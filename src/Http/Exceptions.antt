-- ===== src/Http/Exceptions.antt =====
-- src/common/exceptions: the exceptions with a code of the application's own. `details` is JSON text,
-- for a name that needs no escapes.
use multi_tenant_saas_gatewa.Common.{ℕ, String, Option, none, some, [], ◌∷◌, concat, decimal}
use multi_tenant_saas_gatewa.Common.Outcome.{Exception, http, object, text}

pub record AppErrorPayload : Type 0 where
  pub code : String
  pub message : String
  pub details : Option String

-- `AppException`: `HttpException` takes its message from the payload.
abbrev pub app_exception : AppErrorPayload → ℕ → Exception
app_exception p status =
    http status (object (some p.code) (some (text p.message)) p.details) p.message

abbrev plain_payload : String → String → AppErrorPayload
plain_payload code message = record { code = code; message = message; details = none }

-- api-key.exceptions.ts
pub data ApiKeyException : Type 0 where
  api_key_not_found : String → ApiKeyException
  api_key_revoked api_key_expired : ApiKeyException
  api_key_limit_exceeded : ℕ → ApiKeyException

unfoldable pub api_key_payload : ApiKeyException → AppErrorPayload
api_key_payload (api_key_not_found identifier) =
    plain_payload "API_KEY_NOT_FOUND" (concat ("API key '" ∷ identifier ∷ "' not found" ∷ []))
api_key_payload api_key_revoked = plain_payload "API_KEY_REVOKED" "This API key has been revoked"
api_key_payload api_key_expired = plain_payload "API_KEY_EXPIRED" "This API key has expired"
api_key_payload (api_key_limit_exceeded limit) = record {
  code = "API_KEY_LIMIT_EXCEEDED";
  message =
      concat
        ("Maximum number of active API keys (" ∷ decimal limit ∷ ") reached for this tenant" ∷ []);
  details = some (concat ("{\"limit\":" ∷ decimal limit ∷ "}" ∷ []));
}

unfoldable pub api_key_status : ApiKeyException → ℕ
api_key_status (api_key_not_found identifier) = 404
api_key_status api_key_revoked = 401
api_key_status api_key_expired = 401
api_key_status (api_key_limit_exceeded limit) = 402

-- tenant.exceptions.ts
pub data TenantException : Type 0 where
  tenant_not_found tenant_slug_conflict tenant_suspended : String → TenantException
  tenant_limit_exceeded : String → ℕ → TenantException

unfoldable pub tenant_payload : TenantException → AppErrorPayload
tenant_payload (tenant_not_found identifier) =
    plain_payload "TENANT_NOT_FOUND" (concat ("Tenant '" ∷ identifier ∷ "' not found" ∷ []))
tenant_payload (tenant_slug_conflict slug) =
    plain_payload "TENANT_SLUG_CONFLICT"
      (concat ("Tenant with slug '" ∷ slug ∷ "' already exists" ∷ []))
tenant_payload (tenant_suspended tenant_id) =
    plain_payload "TENANT_SUSPENDED" (concat ("Tenant '" ∷ tenant_id ∷ "' is suspended" ∷ []))
tenant_payload (tenant_limit_exceeded resource limit) = record {
  code = "TENANT_LIMIT_EXCEEDED";
  message =
      concat ("Tenant has reached the maximum limit of " ∷ decimal limit ∷ " " ∷ resource ∷ []);
  details =
      some (concat ("{\"resource\":\"" ∷ resource ∷ "\",\"limit\":" ∷ decimal limit ∷ "}" ∷ []));
}

unfoldable pub tenant_status : TenantException → ℕ
tenant_status (tenant_not_found identifier) = 404
tenant_status (tenant_slug_conflict slug) = 409
tenant_status (tenant_suspended tenant_id) = 403
tenant_status (tenant_limit_exceeded resource limit) = 402

-- user.exceptions.ts
pub data UserException : Type 0 where
  user_not_found user_email_conflict user_inactive : String → UserException
  invalid_credentials email_not_verified token_expired invalid_token : UserException

unfoldable pub user_payload : UserException → AppErrorPayload
user_payload (user_not_found identifier) =
    plain_payload "USER_NOT_FOUND" (concat ("User '" ∷ identifier ∷ "' not found" ∷ []))
user_payload (user_email_conflict email) =
    plain_payload "USER_EMAIL_CONFLICT"
      (concat ("User with email '" ∷ email ∷ "' already exists in this tenant" ∷ []))
user_payload (user_inactive user_id) =
    plain_payload "USER_INACTIVE"
      (concat ("User '" ∷ user_id ∷ "' account is inactive or suspended" ∷ []))
user_payload invalid_credentials = plain_payload "INVALID_CREDENTIALS" "Invalid email or password"
user_payload email_not_verified =
    plain_payload "EMAIL_NOT_VERIFIED" "Please verify your email address before logging in"
user_payload token_expired = plain_payload "TOKEN_EXPIRED" "Token has expired. Please log in again"
user_payload invalid_token = plain_payload "INVALID_TOKEN" "Invalid or malformed token"

unfoldable pub user_status : UserException → ℕ
user_status (user_not_found identifier) = 404
user_status (user_email_conflict email) = 409
user_status (user_inactive user_id) = 403
user_status invalid_credentials = 401
user_status email_not_verified = 403
user_status token_expired = 401
user_status invalid_token = 401

-- The subclasses of `AppException`.
pub data AppException : Type 0 where
  of_api_key : ApiKeyException → AppException
  of_tenant : TenantException → AppException
  of_user : UserException → AppException

unfoldable pub payload_of : AppException → AppErrorPayload
unfolding api_key_payload tenant_payload user_payload
payload_of (of_api_key x) = api_key_payload x
payload_of (of_tenant x) = tenant_payload x
payload_of (of_user x) = user_payload x

unfoldable pub status_of : AppException → ℕ
unfolding api_key_status tenant_status user_status
status_of (of_api_key x) = api_key_status x
status_of (of_tenant x) = tenant_status x
status_of (of_user x) = user_status x

abbrev pub exception_of : AppException → Exception
exception_of x = app_exception (payload_of x) (status_of x)
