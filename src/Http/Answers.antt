-- ===== src/Http/Answers.antt =====
-- What is answered to what a handler throws.
use multi_tenant_saas_gatewa.Common.{
  ℕ, String, ◌≡◌, ◌≢◌, arith, refl, ◌⊎◌, inl, inr, none, some, ◌==◌, truthy, string_dec, Bool-cases,
}
use multi_tenant_saas_gatewa.Common.Outcome.{
  Exception, http, query_failed, entity_not_found, error, Body, plain, object, text, many,
}
use multi_tenant_saas_gatewa.Http.Request.{Request}
use multi_tenant_saas_gatewa.Http.Exceptions.{
  AppException, of_api_key, of_tenant, of_user, api_key_payload, tenant_payload, user_payload,
  api_key_not_found, api_key_revoked, api_key_expired, api_key_limit_exceeded, tenant_not_found,
  tenant_slug_conflict, tenant_suspended, tenant_limit_exceeded, user_not_found,
  user_email_conflict, user_inactive, invalid_credentials, email_not_verified, token_expired,
  invalid_token, exception_of, payload_of, status_of,
}
use multi_tenant_saas_gatewa.Http.Filter.{
  absent, Answer, given_details, answer_http, internal_error, duplicate_entry,
  foreign_key_violation, answer_query_failed, answer, build_error_response,
}

-- The answers to what is no `HttpException`, by the code of PostgreSQL for a query that failed.
pub data Fixed : Exception → Answer → Type 0 where
  internal : (m : String) → Fixed (error m) internal_error
  unknown : Fixed (query_failed none) internal_error
  other_code :
      (code : String)
      → code ≢ "23505"
      → code ≢ "23503"
      → Fixed (query_failed (some code)) internal_error
  duplicate : (code : String) → code ≡ "23505" → Fixed (query_failed (some code)) duplicate_entry
  foreign_key :
      (code : String) → code ≡ "23503" → Fixed (query_failed (some code)) foreign_key_violation
  not_found : Fixed entity_not_found (record {
    status_code = 404;
    code = "ENTITY_NOT_FOUND";
    message = "Requested resource not found";
    details = absent;
  })

-- Everything that is thrown is answered. An `HttpException` keeps its status, and only it is answered
-- so. Anything else has a fixed answer: 409 for a query that failed with the code 23505, 400 for one with
-- 23503, 404 for an entity that was not found, and else 500; so nothing of its own text is answered.
pub build_error_response_cases :
    (e : Exception) (q : Request) (timestamp : ℕ)
    → let r = build_error_response e q timestamp in
      ((status : ℕ) × (body : Body) × (m : String) × (e ≡ http status body m)
        × (r.status_code ≡ status))
      ⊎ ((a : Answer) × Fixed e a
          × (r ≡ record {
            status_code = a.status_code;
            code = a.code;
            message = a.message;
            details = a.details;
            path = q.url;
            timestamp = timestamp;
            request_id = truthy q.x_request_id;
          }))
unfolding build_error_response answer answer_http answer_query_failed
build_error_response_cases (http status (plain s) m) q timestamp =
    inl (status, plain s, m, refl, refl)
build_error_response_cases (http status (object code (some (many texts)) details) m) q timestamp =
    inl (status, _, m, refl, refl)
build_error_response_cases (http status (object code (some (text s)) details) m) q timestamp =
    inl (status, _, m, refl, refl)
build_error_response_cases (http status (object code none details) m) q timestamp =
    inl (status, _, m, refl, refl)
build_error_response_cases (query_failed none) q timestamp = inr (internal_error, unknown, refl)
build_error_response_cases (query_failed (some code)) q timestamp =
    elim (Bool-cases (code == "23505")) [
      | inl unique ↦ inr (duplicate_entry, duplicate code (ground (arith, unique)), rw unique refl)
      | inr other ↦ elim (Bool-cases (code == "23503")) [
        | inl foreign ↦ inr (
          foreign_key_violation,
          foreign_key code (ground (arith, foreign)),
          rw (other, foreign) refl,
        )
        | inr neither ↦ inr (
          internal_error,
          other_code code (ground (arith, other)) (ground (arith, neither)),
          rw (other, neither) refl,
        )
      ]
    ]
build_error_response_cases entity_not_found q timestamp = inr (_, not_found, refl)
build_error_response_cases (error m) q timestamp = inr (internal_error, internal m, refl)

-- No code of the application is empty.
code_of : (x : AppException) → truthy (some (payload_of x).code) ≡ some (payload_of x).code
unfolding payload_of api_key_payload tenant_payload user_payload string_dec
code_of (of_api_key (api_key_not_found a)) = refl
code_of (of_api_key api_key_revoked) = refl
code_of (of_api_key api_key_expired) = refl
code_of (of_api_key (api_key_limit_exceeded a)) = refl
code_of (of_tenant (tenant_not_found a)) = refl
code_of (of_tenant (tenant_slug_conflict a)) = refl
code_of (of_tenant (tenant_suspended a)) = refl
code_of (of_tenant (tenant_limit_exceeded a b)) = refl
code_of (of_user (user_not_found a)) = refl
code_of (of_user (user_email_conflict a)) = refl
code_of (of_user (user_inactive a)) = refl
code_of (of_user invalid_credentials) = refl
code_of (of_user email_not_verified) = refl
code_of (of_user token_expired) = refl
code_of (of_user invalid_token) = refl

-- An exception of the application is answered with its own status, code and details.
pub build_error_response-exception_of :
    (x : AppException) (q : Request) (timestamp : ℕ)
    → let r = build_error_response (exception_of x) q timestamp in
      (r.status_code ≡ status_of x)
      × (r.code ≡ (payload_of x).code)
      × (r.details ≡ given_details (payload_of x).details)
unfolding build_error_response answer answer_http
build_error_response-exception_of x q timestamp = (refl, rw (code_of x) refl, refl)
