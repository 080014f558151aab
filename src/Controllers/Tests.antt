-- ===== src/Controllers/Tests.antt =====
-- Requests to the controllers, on a gateway in memory.
use multi_tenant_saas_gatewa.Common.{
  String, ◌≡◌, ◌≢◌, ◌↔◌, refl, sym, subst, true, none, some, [], ◌∷◌, ◌==◌, if◌then◌else◌, arith,
  string_dec, concat,
}
use multi_tenant_saas_gatewa.Common.Outcome.{Result, ok}
use multi_tenant_saas_gatewa.Database.{Entity}
use multi_tenant_saas_gatewa.Database.Memory.{memory, memory-IsLawful}
use multi_tenant_saas_gatewa.Entities.{User}
use multi_tenant_saas_gatewa.Gateway.{State}
use multi_tenant_saas_gatewa.Gateway.Memory.{
  example, users-IsLawful, cache_of_entries-IsLawfulCache,
}
use multi_tenant_saas_gatewa.Users.Tests.{ada, one_user}
use multi_tenant_saas_gatewa.Auth.{AuthenticatedUser, Jwt, JwtPayload}
use multi_tenant_saas_gatewa.ApiKeys.{ApiKey, Config, active}
use multi_tenant_saas_gatewa.Audit.{AuditLog, Audited}
use multi_tenant_saas_gatewa.Http.Middleware.{resolve_tenant, split_dots, extract_subdomain}
use multi_tenant_saas_gatewa.Http.Guards.{jwt_guard}
use multi_tenant_saas_gatewa.Http.Tests.{request, request_of_ada, ada_claims, tokens_for_ada}
use multi_tenant_saas_gatewa.Controllers.{Context}
use multi_tenant_saas_gatewa.Controllers.ApiKeys
use multi_tenant_saas_gatewa.Controllers.Users
use multi_tenant_saas_gatewa.Controllers.Users.Tokens.{handle_ignores_token}
use multi_tenant_saas_gatewa.Controllers.Users.Tenancy.{handle_isolated_users}
use text.Mathlib.TextEquality.{eq_iff}

abbrev context : Context
context = record { jwt = tokens_for_ada; secret = "s"; is_uuid = λ id. true }

abbrev join : String → String → String
join k s = concat (k ∷ "/" ∷ s ∷ [])

abbrev key_config : Config
key_config = record { max_active = 1; hash_secret = "salt"; last_used_update_interval = 10 }

abbrev key_of_globex : Entity ApiKey
key_of_globex = record {
  base = record { id = "k1"; created_at = 0; updated_at = 0; deleted_at = none };
  own = record {
    tenant_id = "globex";
    name = "ci";
    key = "sk_1";
    secret = "h";
    status = active;
    expires_at = none;
    last_used_at = none;
    scopes = [];
  };
}

unfoldable keys : (memory ApiKey).Table
unfolding memory
keys = key_of_globex ∷ []

globex_ne_acme : ◌≢◌ {A = String} "globex" "acme"
globex_ne_acme = ground (arith, eq_iff "globex" "acme")

not_of_globex :
    (u : AuthenticatedUser)
    → jwt_guard tokens_for_ada "s" request_of_ada ≡ ok u
    → "globex" ≢ u.tenant_id
unfolding jwt_guard tokens_for_ada string_dec concat
not_of_globex u h = ground (arith, h, globex_ne_acme)

handle_isolated_example : ((memory-IsLawful ApiKey).row keys "k1" ≡ some key_of_globex) ↔ (
    (memory-IsLawful ApiKey).row
      (ApiKeys.handle join
        (memory ApiKey)
        key_config
        context
        request_of_ada
        "id"
        9
        (ApiKeys.deletion "k1")
        keys).1
      "k1"
    ≡ some key_of_globex)
handle_isolated_example =
    ApiKeys.handle_isolated join (memory ApiKey) (memory-IsLawful ApiKey) key_config context
      request_of_ada "id" 9 (ApiKeys.deletion "k1") keys "k1" key_of_globex not_of_globex

-- Tokens of two users: Ada of acme, and Eve of globex.
abbrev eve_claims : JwtPayload
eve_claims = record { sub = "u9"; email = "eve@globex"; tenant_id = "globex" }

abbrev tokens_of_two : Jwt
tokens_of_two = record {
  sign = λ p secret expires_in. ok p.sub;
  verify = λ token secret. if token == "u1" then ok ada_claims else ok eve_claims;
}

abbrev context_of_two : Context
context_of_two = record { jwt = tokens_of_two; secret = "s"; is_uuid = λ id. true }

abbrev audited_start : Audited (memory AuditLog) (State example)
unfolding memory
audited_start = record { inner = one_user; log = [] }

abbrev deletes_ada : Users.Route
deletes_ada = Users.deletion "u1" 7 8

handle_ignores_token_example :
    let by_ada =
      Users.handle example 300
        (λ a b. true)
        context_of_two
        (memory AuditLog)
        (λ e. "?")
        (record request { bearer_token = some "u1" })
        "id"
        9
        deletes_ada
        audited_start in
    let by_eve =
      Users.handle example 300
        (λ a b. true)
        context_of_two
        (memory AuditLog)
        (λ e. "?")
        (record request { bearer_token = some "u9" })
        "id"
        9
        deletes_ada
        audited_start in
    (by_ada.0 ≡ by_eve.0) × (by_ada.1.inner ≡ by_eve.1.inner)
unfolding string_dec
handle_ignores_token_example =
    handle_ignores_token example 300 (λ a b. true) context_of_two (memory AuditLog) (λ e. "?") "id"
      9 deletes_ada request audited_start "u1" "u9" ada_claims eve_claims refl refl

resolves_acme : resolve_tenant request ≡ ok "acme"
unfolding resolve_tenant extract_subdomain split_dots string_dec
resolves_acme = refl

abbrev user_of_globex : Entity User
user_of_globex = record ada { own = record (ada.own) { tenant_id = "globex" } }

ok_globex_ne : ◌≢◌ {A = Result String} (ok "acme") (ok "globex")
ok_globex_ne = ground (arith, globex_ne_acme)

handle_isolated_users_example :
    (users-IsLawful.row audited_start.inner.users "u1" ≡ some user_of_globex) ↔ (
      users-IsLawful.row
        (Users.handle example 300
          (λ a b. true)
          context_of_two
          (memory AuditLog)
          (λ e. "?")
          request
          "id"
          9
          deletes_ada
          audited_start).1.inner.users
        "u1"
      ≡ some user_of_globex)
handle_isolated_users_example =
    handle_isolated_users example users-IsLawful cache_of_entries-IsLawfulCache 300 (λ a b. true)
      context_of_two (memory AuditLog) (λ e. "?") request "id" 9 deletes_ada audited_start "u1"
      user_of_globex (subst (λ r. r ≢ ok "globex") (sym resolves_acme) ok_globex_ne)
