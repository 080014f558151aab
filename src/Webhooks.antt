-- ===== src/Webhooks.antt =====
-- src/modules/webhooks: webhook.service.ts, its DTOs, and src/database/entities/webhook.entity.ts. `fetch`,
-- the digests and the random bytes of Node's `crypto` and `JSON.stringify` are parameters. The state
-- is the table and the log of the requests that were sent. The deliveries of one event run one
-- after the other here.
pub mod Data
pub mod Delivery
pub mod Tenancy
pub mod Retries
pub mod Signatures
pub mod Tests
pub use Data.{
  WebhookEvent, tenant_created, tenant_updated, tenant_deleted, user_created, user_updated,
  user_deleted, api_key_created, api_key_revoked, Webhook, CreateWebhookDto, UpdateWebhookDto,
  WebhookResponseDto, UpdatedWebhook, Post, Reply, status, rejected, Net,
}
use multi_tenant_saas_gatewa.Common.{
  ℕ, zero, suc, ◌+◌, ◌-◌, String, ◌≡◌, Bool, true, false, not, ◌&&◌, ◌||◌, Option, none, some, List,
  [], ◌∷◌, ◌==◌, if◌then◌else◌, leb, ltb, concat, decimal, get_or, map, any, filter,
}
use multi_tenant_saas_gatewa.Common.Outcome.{
  Result, ok, throw, M, pure, raise, gets, after, ◌>>=◌, ◌>>◌, or_throw, refuse_if, written,
  bad_request, query_failed, not_found, Exception,
}
use multi_tenant_saas_gatewa.Database.{Entity, Where, Repository}

unfoldable pub event_name : WebhookEvent → String
event_name tenant_created = "tenant.created"
event_name tenant_updated = "tenant.updated"
event_name tenant_deleted = "tenant.deleted"
event_name user_created = "user.created"
event_name user_updated = "user.updated"
event_name user_deleted = "user.deleted"
event_name api_key_created = "api_key.created"
event_name api_key_revoked = "api_key.revoked"

unfoldable pub format_response : Entity Webhook → WebhookResponseDto
format_response w = record {
  id = w.id;
  tenant_id = w.own.tenant_id;
  url = w.own.url;
  description = w.own.description;
  events = w.own.events;
  is_active = w.own.is_active;
  max_retries = w.own.max_retries;
  delivery_count = w.own.delivery_count;
  failure_count = w.own.failure_count;
  last_delivered_at = w.own.last_delivered_at;
  created_at = w.created_at;
  updated_at = w.updated_at;
}

-- `response.ok`.
abbrev pub is_ok : ℕ → Bool
is_ok n = leb 200 n && leb n 299

-- The `try` block up to `fetch`'s answer: what it throws, if anything.
unfoldable pub refusal : Reply → Option Exception
refusal (rejected e) = some e
refusal (status n) =
    if is_ok n then none else some (bad_request (concat ("Webhook returned " ∷ decimal n ∷ [])))

-- `events.includes(event)`; events are strings.
abbrev pub subscribes : WebhookEvent → Entity Webhook → Bool
subscribes event w = any (λ e. event_name e == event_name event) w.own.events

abbrev pub generate_secret : String → String
generate_secret random_bytes = concat ("whsec_" ∷ random_bytes ∷ [])

abbrev pub with_id : String → String → Where Webhook
with_id tenant_id id w = w.id == id && w.own.tenant_id == tenant_id

abbrev pub missing : String → Exception
missing id = not_found (concat ("Webhook with ID '" ∷ id ∷ "' not found" ∷ []))

-- What PostgreSQL answers to a null in a column that must have a value.
abbrev pub null_violation : Exception
null_violation = query_failed (some "23502")

abbrev pub new_webhook : String → CreateWebhookDto → String → Webhook
new_webhook tenant_id dto secret = record {
  tenant_id = tenant_id;
  url = dto.url;
  description = dto.description;
  events = dto.events;
  secret = secret;
  is_active = true;
  max_retries = get_or dto.max_retries 3;
  delivery_count = 0;
  failure_count = 0;
  last_delivered_at = none;
}

-- The row after `Object.assign(webhook, dto)` and a save, which leaves undefined fields alone.
abbrev pub assign : UpdateWebhookDto → Webhook → Webhook
assign dto w = record w {
  url = get_or dto.url w.url;
  description =
      if dto.no_description
      then none
      else elim dto.description [ none ↦ w.description | some text ↦ some text ];
  events = get_or dto.events w.events;
  is_active = get_or dto.is_active w.is_active;
  max_retries = get_or dto.max_retries w.max_retries;
}

-- `formatResponse` of the saved entity, which has the undefined fields of the body.
unfoldable pub updated_response : UpdateWebhookDto → Entity Webhook → UpdatedWebhook
updated_response dto w = record {
  id = w.id;
  tenant_id = w.own.tenant_id;
  url = dto.url;
  description = dto.description;
  events = dto.events;
  is_active = dto.is_active;
  max_retries = dto.max_retries;
  delivery_count = w.own.delivery_count;
  failure_count = w.own.failure_count;
  last_delivered_at = w.own.last_delivered_at;
  created_at = w.created_at;
  updated_at = w.updated_at;
}

abbrev pub delivered : ℕ → Entity Webhook → Entity Webhook
delivered now w = record w {
  own = record (w.own) { delivery_count = w.own.delivery_count + 1; last_delivered_at = some now };
}

abbrev pub failed : Entity Webhook → Entity Webhook
failed w = record w { own = record (w.own) { failure_count = w.own.failure_count + 1 } }

pub record State (R : Repository Webhook) : Type 0 where
  pub table : R.Table
  pub sent : List Post

module _ (R : Repository Webhook) where
  abbrev pub save : Entity Webhook → M (State R) (Entity Webhook)
  save w s = written (λ t s. record s { table = t }) (R.save w s.table) s

  abbrev pub load : String → String → M (State R) (Entity Webhook)
  load tenant_id id = do
    found ← gets (λ s. R.find_one (with_id tenant_id id) s.table)
    or_throw found (missing id)

  unfoldable pub create : String → CreateWebhookDto → String → M (State R) WebhookResponseDto
  unfolding format_response
  create tenant_id dto random_bytes = do
    saved ← (λ s.
        written (λ t s. record s { table = t })
          (R.insert (new_webhook tenant_id dto (generate_secret random_bytes)) s.table) s)
    pure (format_response saved)

  unfoldable pub find_all : String → M (State R) (List WebhookResponseDto)
  find_all tenant_id =
      gets (λ s. map format_response (R.find_desc (λ w. w.own.tenant_id == tenant_id) s.table))

  unfoldable pub find_one : String → String → M (State R) WebhookResponseDto
  find_one tenant_id id = do w ← load tenant_id id; pure (format_response w)

  unfoldable pub update : String → String → UpdateWebhookDto → M (State R) UpdatedWebhook
  unfolding updated_response
  update tenant_id id dto = do
    w ← load tenant_id id
    refuse_if dto.null_column null_violation
    updated ← save (record w { own = assign dto w.own })
    pure (updated_response dto updated)

  unfoldable pub delete : String → String → M (State R) (Unit {0})
  delete tenant_id id = do
    w ← load tenant_id id
    (λ s. written (λ t s. record s { table = t }) (R.remove w s.table) s)

  unfoldable pub rotate_secret : String → String → String → M (State R) String
  rotate_secret tenant_id id random_bytes = do
    w ← load tenant_id id
    _ ← save (record w { own = record (w.own) { secret = generate_secret random_bytes } })
    pure (generate_secret random_bytes)

  -- What follows the loop.
  abbrev pub give_up : Entity Webhook → Option Exception → M (State R) (Unit {0})
  give_up w last_error = do
    _ ← save (failed w)
    elim last_error [ none ↦ pure tt | some e ↦ raise e ]

module _ (R : Repository Webhook) (net : Net) where
  unfoldable pub sign : String → String → String
  sign body secret = concat ("sha256=" ∷ net.hmac secret body ∷ [])

  unfoldable pub verify_signature : String → String → String → Result Bool
  unfolding sign
  verify_signature raw_body secret received = net.timing_safe_equal (sign raw_body secret) received

  -- `while (attempt < maxRetries)`, with `left` the attempts that remain. The counters are set on
  -- the loaded object before it is saved, so that they stay set when the save throws.
  unfoldable pub attempts :
      Post → (ℕ → ℕ) → ℕ → ℕ → Entity Webhook → Option Exception → M (State R) (Unit {0})
  attempts post now zero attempt w last_error s = give_up R w last_error s
  attempts post now (suc left) attempt w last_error s =
      let after_post : State R = record s { sent = post ∷ s.sent } in
      elim (refusal (net.fetch post attempt)) [
        | some e ↦ attempts post now left (suc attempt) w (some e) after_post
        | none ↦ elim (R.save (delivered (now (suc attempt)) w) s.table) [
          | ok saved ↦ (ok tt, record after_post { table = saved.1 })
          | throw e ↦
              attempts post now left (suc attempt) (delivered (now (suc attempt)) w) (some e)
                after_post
        ]
      ]

  unfoldable pub request : Entity Webhook → WebhookEvent → String → ℕ → Post
  unfolding sign
  request w event payload now =
      let body = net.stringify (event_name event) payload now in
      record {
        url = w.own.url;
        event = event_name event;
        signature = sign body w.own.secret;
        body = body;
      }

  -- The clock is read once for the body, and again after each answer that is no refusal.
  unfoldable pub deliver : Entity Webhook → WebhookEvent → String → (ℕ → ℕ) → M (State R) (Unit {0})
  unfolding attempts request
  deliver w event payload now =
      attempts (request w event payload (now 0)) now w.own.max_retries 0 w none

  -- `Promise.allSettled`: what a delivery throws is dropped. Each delivery reads the clock for itself.
  unfoldable pub deliver_all :
      List (Entity Webhook) → WebhookEvent → String → (String → ℕ → ℕ) → State R → State R
  unfolding deliver
  deliver_all [] event payload now s = s
  deliver_all (w ∷ ws) event payload now s =
      deliver_all ws event payload now (deliver w event payload (now w.id) s).1

  abbrev pub active_of : String → Where Webhook
  active_of tenant_id w = w.own.tenant_id == tenant_id && w.own.is_active

  unfoldable pub trigger :
      String → WebhookEvent → String → (String → ℕ → ℕ) → M (State R) (Unit {0})
  unfolding deliver_all
  trigger tenant_id event payload now s = (
    ok tt,
    deliver_all (filter (subscribes event) (R.find (active_of tenant_id) s.table)) event payload now
        s,
  )

  unfoldable pub test_delivery :
      String → String → WebhookEvent → String → (ℕ → ℕ) → M (State R) Bool
  unfolding deliver
  test_delivery tenant_id id event payload now = do
    w ← load R tenant_id id
    (λ s. elim ((deliver w event payload now s).0) [
      | ok _ ↦ (ok true, (deliver w event payload now s).1)
      | throw _ ↦ (ok false, (deliver w event payload now s).1)
    ])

═══

Problem to solve - Copy out each line of the listing that holds the string "reached".

Exercise solution -
        ("Maximum number of active API keys (" ∷ decimal limit ∷ ") reached for this tenant" ∷ []);
      concat ("Tenant has reached the maximum limit of " ∷ decimal limit ∷ " " ∷ resource ∷ []);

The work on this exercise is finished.